Почему мне вспомнилось это, не знаю. Но вот ведь как странно. Когда я думал о Маше, мне даже отдаленно не приходили в голову постельные мысли. С ней все было по-другому. Да и вела она себя совсем не так, как многие женщины. Увидимся ли мы теперь? Болезнь всегда приходит не вовремя, а тут словно специально навалилась тогда, когда оказалось легче всего спутать все мои планы.

Доктор обошел больных и удалился. Я проводил его взглядом и снова закрыл глаза. И вдруг с соседней кровати донесся тонкий писк зуммера. Я невольно повернулся. Михаил Юрьевич вытащил из-под одеяла сотовый телефон и произнес:

— Да, да, я тебя слушаю.

Кто-то начал говорить ему в ухо и он долго молчал, иногда прикрывая глаза и кивая лысой головой. Глядя на его телефон, мне вспомнился разговор двух девиц на троллейбусной остановке у нас в Барнауле. Одна из них, захлебываясь от восторга, рассказывала подруге:

— Меня вчера Сережка прокатил на своем «BMW». Я просто обалдела. У него такой пейджер, я ничего подобного не видела… Слоновая кость.

Стоявшая рядом бабка всплеснула руками и, как мне показалось, слегка покраснев, сказала, закрывая лицо ладонями:

— Вот халды дак халды. У других бы зенки от стыда вылезли, а этим хоть бы что… Слоновая кость…

Девицы посмотрели на бабку, как на доисторические существо, и отошли в сторону. Правда, говорить стали на полтона тише.

У Михаила Юрьевича был обычный сотовый телефон, ничем не отличавшийся от тех, которые мне приходилось видеть. Он бережно прижимал его к уху, кивая головой и поводя черными выпуклыми глазами. Потом вдруг нырнул под одеяло и затараторил:

— А ты бы продавал оптом. Быстрее деньги вернул и сразу купил доллары.

— Ну не кретин ли? — кивнул на обладателя телефона его сосед справа. — Натянул на башку одеяло и думает, что его не слышат.

Я приподнялся на подушке, чтобы рассмотреть говорившего. Это был грузный рыхлотелый старик с белыми, похожими на два пучка ковыля, бровями и толстой выпяченной нижней губой. На нем была синяя майка и длинные, почти до колен цветастые сатиновые трусы.

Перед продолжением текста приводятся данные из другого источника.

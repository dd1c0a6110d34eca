-- ===== src/E2e/Tests.antt =====
-- Runs of the end-to-end window and of the opener on concrete frames.
use apgo.Prelude.{
  set, drop, ℕ, ◌*◌, true, false, List, [], ◌∷◌, ◌++◌, none, some, inr, replicate, ◌≡◌, refl, arith,
}
use apgo.Prelude.Maps.{lookup}
use apgo.Prelude.Text.{Text, text_eq, be_value}
use apgo.Window.{verdicts, promised}
use apgo.E2e.{e2e_window_bits, no_window, window_ok}
use apgo.E2e.Bitmap.{IsBitmap, e2e_window, e2e_verdicts-promised}
use apgo.E2e.Opener.{
  second, E2eHeader, E2eCrypto, RecvState, E2eCall, E2eStep, arrives, prunes, new_opener, parse_e2e,
  has_pq, is_stale, is_opened, opened, open_locked, derive_dh, derive_key, make_room, store_new,
  store, store_opened, open_derived, open_at, open_parsed, open_read, open_e2e, run, recv_key,
}
use apgo.E2e.Table.{IsReceiver}
use apgo.E2e.Bounded.{run-IsReceiver}
use apgo.E2e.Sealer.{SealCrypto, SealCall, SendState, new_sealer, pqid_of, seal_body, seal_all}
use apgo.E2e.Delivery.{CipherOpens, sealed_header, open_e2e-seal_body}
use apgo.E2e.Nonces.{AllDiffer, seal_all-AllDiffer}
use apgo.E2e.Once.{open_e2e-once}

abbrev flooded : List ℕ
flooded = 2000 ∷ 2001 ∷ 2000 ∷ 977 ∷ 978 ∷ 978 ∷ []

e2e_verdicts-promised_example :
    verdicts e2e_window no_window flooded ≡ promised e2e_window_bits [] flooded
e2e_verdicts-promised_example = e2e_verdicts-promised flooded

-- A cipher that opens everything, for a node of key 9...9.
abbrev open_crypto : E2eCrypto Unit
open_crypto = record {
  self_pub = replicate 32 9;
  dh = λ k. some k;
  derive = λ a b q s e p. some tt;
  open_aead = λ a n ad ct. some ct;
}

-- Counter `n`, with the hop counter `hop`, sealed at second 2000.
abbrev frame : ℕ → ℕ → Text
frame hop n =
    1 ∷ hop ∷ (replicate 72 7 ++ 0 ∷ 0 ∷ 7 ∷ 208 ∷ 0 ∷ 0 ∷ 0 ∷ 0 ∷ 0 ∷ 0 ∷ 0 ∷ n ∷ replicate 20 0)

abbrev call : ℕ → ℕ → ℕ → E2eCall
call hop n at = record {
  body = frame hop n;
  now = at * second;
  has_budget = true;
  pq_lookup = λ s i. none;
}

abbrev header : ℕ → ℕ → E2eHeader
header hop n = record {
  hop = hop;
  dst = replicate 4 7;
  src = replicate 4 7;
  sender = replicate 32 7;
  eph = replicate 32 7;
  ts = 2000;
  ctr = n;
  pqid = replicate 4 0;
}

frame_is_read : parse_e2e (frame 0 5) ≡ inr (header 0 5, replicate 16 0)
unfolding parse_e2e be_value
frame_is_read = refl

forwarded_is_read : parse_e2e (frame 3 5) ≡ inr (header 3 5, replicate 16 0)
unfolding parse_e2e be_value
forwarded_is_read = refl

is_delivered : is_opened (open_e2e open_crypto (call 0 5 2001) new_opener).1 ≡ true
unfolding parse_e2e be_value has_pq is_stale open_locked derive_dh derive_key make_room store_new
    store store_opened open_derived open_at open_parsed open_read text_eq window_ok lookup
is_delivered = refl

none_held : (k : ℕ) (st : RecvState Unit) → lookup k [] ≡ some st → IsBitmap st.win
unfolding lookup
none_held k st e = absurd (ground (arith, e))

nothing_held : IsReceiver {A = Unit} new_opener
nothing_held = record { unique = tt; bounded = omega arith; windows = none_held }

-- The frame again, by another relay, after another frame and a prune.
abbrev meanwhile : List E2eStep
meanwhile = arrives (call 0 6 2002) ∷ prunes (2003 * second) ∷ []

run-IsReceiver_example : IsReceiver (run open_crypto new_opener meanwhile)
run-IsReceiver_example = run-IsReceiver open_crypto meanwhile new_opener nothing_held

open_e2e-once_example :
    let t = (open_e2e open_crypto (call 0 5 2001) new_opener).0 in
    is_opened (open_e2e open_crypto (call 3 5 2004) (run open_crypto t meanwhile)).1 ≡ false
open_e2e-once_example =
    open_e2e-once open_crypto new_opener (call 0 5 2001) (call 3 5 2004) meanwhile (header 0 5)
      (header 3 5) (replicate 16 0) (replicate 16 0) nothing_held
      (λ st e. absurd (unfold lookup in ground (arith, e))) frame_is_read forwarded_is_read
      (record { key = unfold recv_key in refl; ts = refl; ctr = refl })
      (omega arith, (omega arith, omega arith)) is_delivered

-- A cipher that puts its tag in front, for a sender of key 7...7.
abbrev tagging : SealCrypto Unit
tagging = record {
  self_pub = replicate 32 7;
  base = λ k. some (k ++ replicate 31 0);
  dh = λ k p. some p;
  self_dh = λ p. some p;
  derive = λ a b q to e p. some tt;
  seal_aead = λ a n ad p. replicate 16 0 ++ p;
}

abbrev untagging : E2eCrypto Unit
untagging = record {
  self_pub = replicate 32 9;
  dh = λ k. some k;
  derive = λ a b q s e p. some tt;
  open_aead = λ a n ad ct. some (drop 16 ct);
}

abbrev sending : ℕ → ℕ → SealCall
sending key at = record {
  to = replicate 32 9;
  dst = 10 ∷ 0 ∷ 0 ∷ 9 ∷ [];
  src = 10 ∷ 0 ∷ 0 ∷ 7 ∷ [];
  pq = none;
  payload = 42 ∷ [];
  now = at * second;
  drawn = some (key ∷ []);
}

abbrev send_state : SendState Unit
send_state = record {
  eph = 1 ∷ replicate 31 0;
  ts = 2000;
  born = 2000 * second;
  aead = tt;
  ctr = 4;
}

abbrev arriving : E2eCall
arriving = record {
  body = set (seal_body tagging send_state (sending 1 2000) 5) 1 2;
  now = 2001 * second;
  has_budget = true;
  pq_lookup = λ s i. none;
}

tags_are_undone : CipherOpens tagging untagging
tags_are_undone = record { opens = λ a k ad p. refl; tagged = λ a k ad p. omega arith }

open_e2e-seal_body_example :
    (open_e2e untagging arriving new_opener).1
    ≡ opened (sealed_header tagging send_state (sending 1 2000) 5 2) (42 ∷ [])
open_e2e-seal_body_example =
    open_e2e-seal_body tagging send_state (sending 1 2000) 5
      (record {
        dst = refl;
        src = refl;
        sender = refl;
        eph = refl;
        pqid = unfold pqid_of in refl;
        ts = omega arith;
      })
      untagging arriving 2 new_opener (omega arith) tags_are_undone refl (unfold text_eq in refl)
      (unfold is_stale in refl)
      (inr (
        unfold lookup in refl,
        unfold derive_key derive_dh has_pq pqid_of text_eq in refl,
        omega arith,
      ))

-- Two frames under one key, one under the key after it.
abbrev three_calls : List SealCall
three_calls = sending 1 2000 ∷ sending 2 2060 ∷ sending 3 2130 ∷ []

seal_all-AllDiffer_example : AllDiffer tagging (seal_all tagging new_sealer three_calls)
seal_all-AllDiffer_example = seal_all-AllDiffer tagging three_calls (
  (λ e h g. absurd (ground (arith, h, g)), (λ e h g. absurd (ground (arith, h, g)), tt)),
  ((λ e h g. absurd (ground (arith, h, g)), tt), (tt, tt)),
)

— Тоже мне, коммерсант, — ворчал старик. — Одной ногой в могиле, а все о барышах думает.

Голос под одеялом стих, из-под него высунулась лысина Михаила Юрьевича, который ядовито заметил:

— Я-то при барышах, а ты при своих цветных трусах.

— Чего тебе мои трусы не нравятся? — спросил старик, со скрипом вставая с постели.

— Я не говорю, что не нравятся, — отпарировал Михаил Юрьевич. — Я констатирую факт.

Старик натянул пижамные штаны и, шлепая тапочками, вышел из палаты. У Михаила Юрьевича снова пискнул телефон, он приложил его к уху и накрылся одеялом. Я понял, что между ним и соседом идет упорная позиционная война.

Принесли завтрак: овсяную кашу и стакан чаю. Есть не хотелось. Но, слышавший много нелестного о больничном питании, которое, если судить по разговорам, хуже тюремного, я из любопытства попробовал кашу. Она оказалась вкусной. Я съел всю порцию и даже повеселел от этого.

В палату снова вошла сестра. На этот раз с подносом в руках, на котором стояли маленькие пластмассовые мензурки. Обойдя больных, она поставила каждому на тумбочку по мензурке.